HEALTH House International Ltd (ASX:HHI) (Health House or the Company), an international pharmaceutical distributor specialising in the distribution of medicinal cannabis products across Australasia, the United Kingdom and Europe, is pleased to announce that it has entered into a non-binding term sheet with Creso Pharma Limited (ASX: CPH) (Creso), under which it is proposed that Creso will acquire 100% of the shares in Health House by way of a scheme of arrangement to be undertaken by Health House (Scheme). The Scheme will be subject to shareholder and Court approval in accordance with the requirements of Part 5.1 of the Corporations Act 2001 (Cth).
The proposed transaction is subject to the Creso completing satisfactory due diligence on Health House’s businesses and the satisfaction of a number of other conditions standard for transactions of this nature.
Under the Scheme, Creso will issue approximately one (1) Creso share for every two (2) Health House shares held (subject to further negotiations and potential adjustments based on Health Houses debt levels) giving Health House shareholders an approximately 7.3% interest in the expanded capital of Creso, valuing Health House at $4,630,388 based on Creso’s current share price and representing a 67% premium to Health House’s market capitalisation based on the closing price of Health House shares prior to Health House’s voluntary suspension.

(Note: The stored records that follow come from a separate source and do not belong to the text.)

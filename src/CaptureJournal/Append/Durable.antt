-- ===== src/CaptureJournal/Append/Durable.antt =====
-- What a later Open finds of an append, by what became of the write (internal/capturejournal/journal.go).
use atb.Prelude.{
  ℕ, zero, suc, ◌≤◌, ◌≡◌, refl, ap, ◌∙◌, subst, Bool, false, List, [], ◌∷◌, ◌++◌, some, length, ltb,
  arith,
}
use atb.Prelude.Int.{pos, ltb_ℤ}
use atb.Prelude.Result.{ok}
use atb.Canonicalize.{Platform}
use atb.HashChain.{genesis_hash}
use atb.Bundle.Load.Lines.{HasNoLineFeed, raw_lines}
use atb.CaptureJournal.{Entry, EntryCodec, Disk, max_line_bytes}
use atb.CaptureJournal.Read.{Journal, read_data, read_entries}
use atb.CaptureJournal.Read.Fragment.{is_cons, append_nil, read_data-fragment}
use atb.CaptureJournal.Read.Laws.{read_lines-IsJournal}
use atb.CaptureJournal.Append.{Io, done, cut_after, not_synced, take, prepare, append, write_entry}
use atb.CaptureJournal.Append.Laws.{IsEncoded, Holds, Holds-more, prepare-IsNext}

-- Part of a line has no line feed.
take-HasNoLineFeed :
    (n : ℕ) (line : List ℕ)
    → HasNoLineFeed line
    → n ≤ length line
    → HasNoLineFeed (take n (line ++ 10 ∷ []))
take-HasNoLineFeed zero line h le = tt
take-HasNoLineFeed (suc n) [] h le = absurd (ground arith)
take-HasNoLineFeed (suc n) (b ∷ line) h le = (h.0, take-HasNoLineFeed n line h.1 (ground arith))

is_cons-take : (n : ℕ) (line : List ℕ) → is_cons (take n (line ++ 10 ∷ [])) ≡ ltb 0 n
is_cons-take zero line = refl
is_cons-take (suc n) [] = ground arith
is_cons-take (suc n) (b ∷ line) = ground arith

-- A journal in memory and the file that it was read from.
pub record IsOpenOn (pf : Platform) (c : EntryCodec) (j : Journal) (d : Disk) : Type 0 where
  pub bytes : List ℕ
  pub on_disk : d.file ≡ some bytes
  pub holds : Holds pf c bytes j.entries

module _ (pf : Platform) (c : EntryCodec) (j : Journal) (d : Disk) (e e' : Entry) where
  append-prepared :
      (io : Io) → prepare pf j e ≡ ok e' → append pf c io j d e ≡ write_entry c io j d e'
  unfolding append
  append-prepared io p = rw (p, append) refl

  -- The bytes that an append adds to the file.
  abbrev pub added : Io → List ℕ
  added done = c.encode e' ++ 10 ∷ []
  added (cut_after n) = take n (c.encode e' ++ 10 ∷ [])
  added not_synced = c.encode e' ++ 10 ∷ []

  file-write_entry :
      (io : Io) (bytes : List ℕ)
      → ltb max_line_bytes (length (c.encode e' ++ 10 ∷ [])) ≡ false
      → d.file ≡ some bytes
      → (write_entry c io j d e').1.1.file ≡ some (bytes ++ added io)
  unfolding write_entry
  file-write_entry done bytes f q = rw (f, q) refl
  file-write_entry (cut_after n) bytes f q = rw (f, q) refl
  file-write_entry not_synced bytes f q = rw (f, q) refl

  memory-write_entry :
      ltb max_line_bytes (length (c.encode e' ++ 10 ∷ [])) ≡ false
      → ((write_entry c done j d e').0 ≡ ok e')
        × ((write_entry c done j d e').1.0.entries ≡ j.entries ++ e' ∷ [])
  unfolding write_entry
  memory-write_entry f = (rw f refl, rw f refl)

  file-append :
      (io : Io) (bytes : List ℕ)
      → prepare pf j e ≡ ok e'
      → ltb max_line_bytes (length (c.encode e' ++ 10 ∷ [])) ≡ false
      → d.file ≡ some bytes
      → (append pf c io j d e).1.1.file ≡ some (bytes ++ added io)
  file-append io bytes p f q =
      ap (λ x. x.1.1.file) (append-prepared io p) ∙ file-write_entry io bytes f q

  read_entries-file :
      (io : Io) (bytes : List ℕ) (result : List Entry × Bool)
      → (append pf c io j d e).1.1.file ≡ some (bytes ++ added io)
      → read_data pf c (bytes ++ added io) ≡ ok result
      → read_entries pf c (append pf c io j d e).1.1.file ≡ ok result
  unfolding read_entries
  read_entries-file io bytes result p q = rw p q

  -- For a journal that was read from its file, and an entry whose version is not negative: if the guards
  -- of Append pass, the line fits and JSON gives back what it encoded, then after a write that succeeds
  -- the entry is returned and held in memory, and the file is read as the entries before and this one;
  -- it is read so too if only the sync fails. After a write that is cut before the line feed the file is
  -- read as the entries before, with a torn tail if a byte was written.
  pub append-durable :
      IsOpenOn pf c j d
      → ltb_ℤ e.format_version (pos 0) ≡ false
      → prepare pf j e ≡ ok e'
      → IsEncoded c e'
      → ltb max_line_bytes (length (c.encode e' ++ 10 ∷ [])) ≡ false
      → ((append pf c done j d e).0 ≡ ok e')
        × ((append pf c done j d e).1.0.entries ≡ j.entries ++ e' ∷ [])
        × (read_entries pf c (append pf c done j d e).1.1.file ≡ ok (j.entries ++ e' ∷ [], false))
        × (read_entries pf c (append pf c not_synced j d e).1.1.file
            ≡ ok (j.entries ++ e' ∷ [], false))
        × ((n : ℕ)
            → n ≤ length (c.encode e')
            → read_entries pf c (append pf c (cut_after n) j d e).1.1.file
              ≡ ok (j.entries, ltb 0 n))
  append-durable h v p enc f =
      let journal =
        read_lines-IsJournal pf c 1 0 genesis_hash (raw_lines h.bytes) j.entries
          h.holds.lines_read in
      let more =
        Holds-more pf c h.bytes j.entries e' h.holds enc (prepare-IsNext pf j e e' journal v p) f in
      let whole : read_data pf c (h.bytes ++ (c.encode e' ++ 10 ∷ []))
          ≡ ok (j.entries ++ e' ∷ [], false) =
        subst (λ x. read_data pf c x ≡ ok (j.entries ++ e' ∷ [], false))
          (append_nil (h.bytes ++ (c.encode e' ++ 10 ∷ [])))
          (read_data-fragment pf c (j.entries ++ e' ∷ []) (h.bytes ++ (c.encode e' ++ 10 ∷ [])) []
            more.ended more.lines_read tt) in
      (
        ap (λ x. x.0) (append-prepared done p) ∙ (memory-write_entry f).0,
        ap (λ x. x.1.0.entries) (append-prepared done p) ∙ (memory-write_entry f).1,
        read_entries-file done h.bytes (j.entries ++ e' ∷ [], false)
            (file-append done h.bytes p f h.on_disk) whole,
        read_entries-file not_synced h.bytes (j.entries ++ e' ∷ [], false)
            (file-append not_synced h.bytes p f h.on_disk) whole,
        λ n le.
            read_entries-file (cut_after n) h.bytes (j.entries, ltb 0 n)
              (file-append (cut_after n) h.bytes p f h.on_disk)
              (read_data-fragment pf c j.entries h.bytes (take n (c.encode e' ++ 10 ∷ []))
                  h.holds.ended h.holds.lines_read
                  (take-HasNoLineFeed n (c.encode e') enc.on_one_line le)
                ∙ ap (λ t. ok (j.entries, t)) (is_cons-take n (c.encode e'))),
      )
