-- ===== src/Playwright/Settling.antt =====
-- The start of a Playwright session settles its slot, its container and its connection on every path.
use selenwright.Prelude.{
  ℕ, suc, ◌<◌, ◌≡◌, refl, true, false, [], ◌∷◌, Option, none, some, Str, lookup, insert, length,
  insert-KeysNodup, length-insert_new, lookup-insert, ==_refl, pos, negsuc, ◌+ℤ◌, Result, ok, err,
  arith, Bool-cases, Option-cases, Result-cases, inl, inr, subst,
}
use selenwright.Protect.Queue.{Semaphore}
use selenwright.Protect.Queue.Balance.{Balanced, drop_total, create-Balanced}
use selenwright.Session.{protocol_playwright, Session}
use selenwright.Session.Caps.{Caps}
use selenwright.Session.Sanitize.{sanitize}
use selenwright.Handlers.Capabilities.{configure_log_capture}
use selenwright.Handlers.Lifecycle.{Accounts}
use selenwright.Playwright.Url.{parse_playwright_path}
use selenwright.Playwright.SessionId.{
  IsRandom, ends_at, IsNewId, Resolved, resolve_playwright_session_id-Resolved,
}
use selenwright.Playwright.Starting.{
  World, Settings, Environment, Request, PlaywrightService, PlaywrightError, drop_slot,
  service_cancel, close_upstream, run_cleanup, early_cleanup, give_up, service_started,
  upstream_dialed, register, new_session, connected, started, playwright, request_caps,
  bad_playwright_path, bad_playwright_request, rejected_caps, environment_not_available,
  service_startup_failed, url_not_configured, playwright_dial_failed, session_id_failed,
  playwright_upgrade_failed,
}

module _ (s : Semaphore) where
  -- What the handler leaves: after an error the sessions and the open connections there were, after
  -- a success one more of each, under an id that was no session's.
  abbrev pub Settled : World s → World s → Result PlaywrightError Str → Type 0
  Settled w w' (err e) = (w'.app.sessions ≡ w.app.sessions) × (w'.upstreams ≡ w.upstreams)
  Settled w w' (ok id) =
      (sess : Session) × (sess.protocol ≡ protocol_playwright)
      × (w'.app.sessions ≡ insert id sess w.app.sessions)
      × IsNewId w.app.sessions id
      × (w'.upstreams ≡ w.upstreams +ℤ pos 1)
      × (lookup id w'.cleaned ≡ some false)

  abbrev pub Settles : ℕ → ℕ → World s → Option (World s × Result PlaywrightError Str) → Type 0
  Settles leaked p w o =
      (w' : World s) × (r : Result PlaywrightError Str) × (o ≡ some (w', r))
      × Accounts s leaked p w'.app
      × Settled w w' r

  drops :
      (leaked p : ℕ) (w : World s) (e : PlaywrightError)
      → Accounts s leaked (suc p) w.app
      → Settles leaked p w (give_up s (drop_slot ∷ []) e w)
  unfolding give_up early_cleanup run_cleanup
  drops leaked p w e a =
      let (q, dropped, b, _) = drop_total s (length w.app.sessions) p w.app.queue a.balanced in
      (
        record w { app = record w.app { queue = q } },
        err e,
        ground (arith, dropped),
        record { balanced = b; nodup = a.nodup; contained = a.contained },
        (refl, refl),
      )

  cancels :
      (leaked p : ℕ) (w : World s) (e : PlaywrightError)
      → Accounts s leaked (suc p) w.app
      → Settles leaked p w (give_up s (service_cancel ∷ drop_slot ∷ []) e (service_started s w))
  unfolding give_up early_cleanup run_cleanup ◌+ℤ◌
  cancels leaked p w e a =
      let (q, dropped, b, _) = drop_total s (length w.app.sessions) p w.app.queue a.balanced in
      (
        record w {
          app = record w.app { queue = q; containers = w.app.containers +ℤ pos 1 +ℤ negsuc 0 };
        },
        err e,
        ground (arith, dropped),
        record { balanced = b; nodup = a.nodup; contained = ground (arith, a.contained) },
        (refl, refl),
      )

  closes :
      (leaked p : ℕ) (w : World s) (e : PlaywrightError)
      → Accounts s leaked (suc p) w.app
      → Settles leaked p w (
          give_up s
            (close_upstream ∷ service_cancel ∷ drop_slot ∷ [])
            e
            (upstream_dialed s (service_started s w)))
  unfolding give_up early_cleanup run_cleanup ◌+ℤ◌
  closes leaked p w e a =
      let (q, dropped, b, _) = drop_total s (length w.app.sessions) p w.app.queue a.balanced in
      (
        record w {
          app = record w.app { queue = q; containers = w.app.containers +ℤ pos 1 +ℤ negsuc 0 };
          upstreams = w.upstreams +ℤ pos 1 +ℤ negsuc 0;
        },
        err e,
        ground (arith, dropped),
        record { balanced = b; nodup = a.nodup; contained = ground (arith, a.contained) },
        (refl, ground arith),
      )

  registers :
      (leaked p : ℕ) (w : World s) (id : Str) (sess : Session)
      → Accounts s leaked (suc p) w.app
      → lookup id w.app.sessions ≡ none
      → Accounts s leaked p (register s id sess (upstream_dialed s (service_started s w))).app
  unfolding register ◌+ℤ◌
  registers leaked p w id sess a fresh =
      let longer : suc (length w.app.sessions) ≡ length (insert id sess w.app.sessions) =
        ground (arith, length-insert_new id sess w.app.sessions fresh) in
      record {
        balanced =
            subst (λ n. Balanced s n p (register s id sess w).app.queue) longer
              (create-Balanced s (length w.app.sessions) p w.app.queue a.balanced);
        nodup = insert-KeysNodup id sess w.app.sessions a.nodup;
        contained = ground (arith, a.contained, longer);
      }

  module _ (cfg : Settings) (env : Environment) (r : Request) (fuel k leaked p : ℕ) (w : World s)
      (a : Accounts s leaked (suc p) w.app) (fair : IsRandom env.random)
      (ends : ends_at env.random w.app.sessions k ≡ true) (enough : k < fuel) where
    connected-Settles :
        (caps : Caps) (service : PlaywrightService) (url : Str × Str)
        → Settles leaked p w
            (connected s cfg env r fuel caps service url (upstream_dialed s (service_started s w)))
    unfolding connected register new_session
    connected-Settles caps service url =
        let (o, resolved, good) =
          resolve_playwright_session_id-Resolved fuel env.random r.session_header k w.app.sessions
            fair ends enough in
        elim (Result-cases o) [
          | inl (e, is_err) ↦
              let (w', o', given, a', end) = closes leaked p w (session_id_failed e) a in
              (w', o', ground (arith, resolved, is_err, given), a', end)
          | inr (id, is_ok) ↦
              let new : IsNewId w.app.sessions id = subst (Resolved w.app.sessions) is_ok good in
              elim (Bool-cases env.upgrades) [
                | inr fails ↦
                    let (w', o', given, a', end) = closes leaked p w playwright_upgrade_failed a in
                    (w', o', ground (arith, resolved, is_ok, fails, given), a', end)
                | inl upgraded ↦
                    let sess = new_session cfg env r caps service url in
                    (
                      register s id sess (upstream_dialed s (service_started s w)),
                      ok id,
                      ground (arith, resolved, is_ok, upgraded),
                      registers leaked p w id sess a new.1,
                      (
                        sess,
                        refl,
                        refl,
                        new,
                        refl,
                        ground (arith, lookup-insert id id false w.cleaned, ==_refl id),
                      ),
                    )
              ]
        ]

    started-Settles :
        (caps : Caps) (starter : Option PlaywrightService)
        → Settles leaked p w (started s cfg env r fuel caps starter w)
    unfolding started
    started-Settles caps none = drops leaked p w service_startup_failed a
    started-Settles caps (some service) = elim (Option-cases service.url) [
      | inl missing ↦
          let (w', o', given, a', end) = cancels leaked p w url_not_configured a in
          (w', o', ground (arith, missing, given), a', end)
      | inr (url, there) ↦ elim (Bool-cases env.dials) [
        | inr fails ↦
            let (w', o', given, a', end) = cancels leaked p w playwright_dial_failed a in
            (w', o', ground (arith, there, fails, given), a', end)
        | inl dialed ↦
            let (w', o', given, a', end) = connected-Settles caps service url in
            (w', o', ground (arith, there, dialed, given), a', end)
      ]
    ]

    -- From right books with one request pending, where a read of random bytes among the first `fuel`
    -- ends the search for an id, `playwright` reaches its tunnel or an error, without a panic, and the
    -- books are right with that request settled: an error, wherever it comes from, gives back the
    -- slot, stops the container it started and closes the connection it opened; a success registers
    -- a session under an id that no session had, with a cleanup that has not run.
    pub playwright-Settles : Settles leaked p w (playwright s cfg env r fuel w)
    unfolding playwright
    playwright-Settles = elim (Option-cases (parse_playwright_path env.unescape r.encoded_path)) [
      | inl bad ↦
          let (w', o', given, a', end) = drops leaked p w bad_playwright_path a in
          (w', o', ground (arith, bad, given), a', end)
      | inr ((browser, version), parsed) ↦ elim (Bool-cases r.is_web_socket_upgrade) [
        | inr plain ↦
            let (w', o', given, a', end) = drops leaked p w bad_playwright_request a in
            (w', o', ground (arith, parsed, plain, given), a', end)
        | inl upgrade ↦
            let given_caps =
              configure_log_capture cfg.log_output_dir cfg.save_all_logs env.log_temp_name
                env.history_enabled (request_caps cfg r.query browser version) in
            elim (Result-cases (sanitize given_caps cfg.caps_policy r.identity.is_admin)) [
              | inl (e, bad) ↦
                  let (w', o', given, a', end) = drops leaked p w (rejected_caps e) a in
                  (w', o', ground (arith, parsed, upgrade, bad, given), a', end)
              | inr (caps, clean) ↦ elim (Option-cases (env.find caps)) [
                | inl missing ↦
                    let (w', o', given, a', end) = drops leaked p w environment_not_available a in
                    (w', o', ground (arith, parsed, upgrade, clean, missing, given), a', end)
                | inr (starter, found) ↦
                    let (w', o', given, a', end) = started-Settles caps starter in
                    (w', o', ground (arith, parsed, upgrade, clean, found, given), a', end)
              ]
            ]
      ]
    ]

CPS Capital Group Pty Ltd is acting as Health House’s corporate advisor for the proposed merger. Further details are contained in an announcement by Creso (ASX:CPH) on 29 July 2022.
About Creso
The proposed merger of Health House with Creso will create a global organisation with strong medicinal cannabis production and distribution capabilities. Creso was created to bring pharmaceutical expertise and methodological rigour to the world of cannabis and deliver quality products to people and animals everywhere.
Founded by a team of highly-experienced pharmaceutical executives, Creso set out to leverage cutting edge science and research to develop, register and commercialize innovative cannabis and hemp derived products.
Creso develops cannabis and hemp-derived therapeutic, nutraceutical, animal and cosmetic products with wide patient and consumer reach for human and animal health.
Proposed Timetable
The indicative timetable for the completion of the proposed transaction is as follows:
- 29 July 2022 Execution of non- binding terms sheet
- 19 August 2022 Execution of scheme implementation deed
- 16 September 2022 Draft scheme booklet given to ASIC for review
- 30 September 2022 ASIC completes review
- 7 October 2022 First court hearing
- 7 October 2022 Despatch of scheme booklet to target shareholders
- 4 November 2022 Scheme meeting of HHI shareholders
- 11 November 2022 Second court hearing
- 11 November 2022 Scheme effective date
- 18 November 2022 Scheme record date
- 25 November 2022 Scheme implementation date
Due diligence
The Board of Health House has determined that it is in the interests of the Company to grant Creso a period of three weeks to conduct due diligence to establish whether an acceptable binding transaction can be agreed.
Board Intentions
Based on current information, the Board intends to unanimously recommend that Shareholders vote in favour of the Scheme, subject to entry into an acceptable Scheme Implementation Deed, no superior proposal being received and an Independent Expert concluding (and continuing to conclude) that the Scheme is in the best interests of shareholders.
The Board notes that there is no certainty that the Creso proposal will result in a binding offer for Health House. At this time, Shareholders do not need to take any action in response to the Creso’s proposal.
Update on Proposed Capital Raising
Health House is currently in voluntary suspension pending an announcement in relation to a material capital raising. The Company notes the capital raising has been deferred while Health House pursues the proposed Scheme. The Company will remain in voluntary suspension.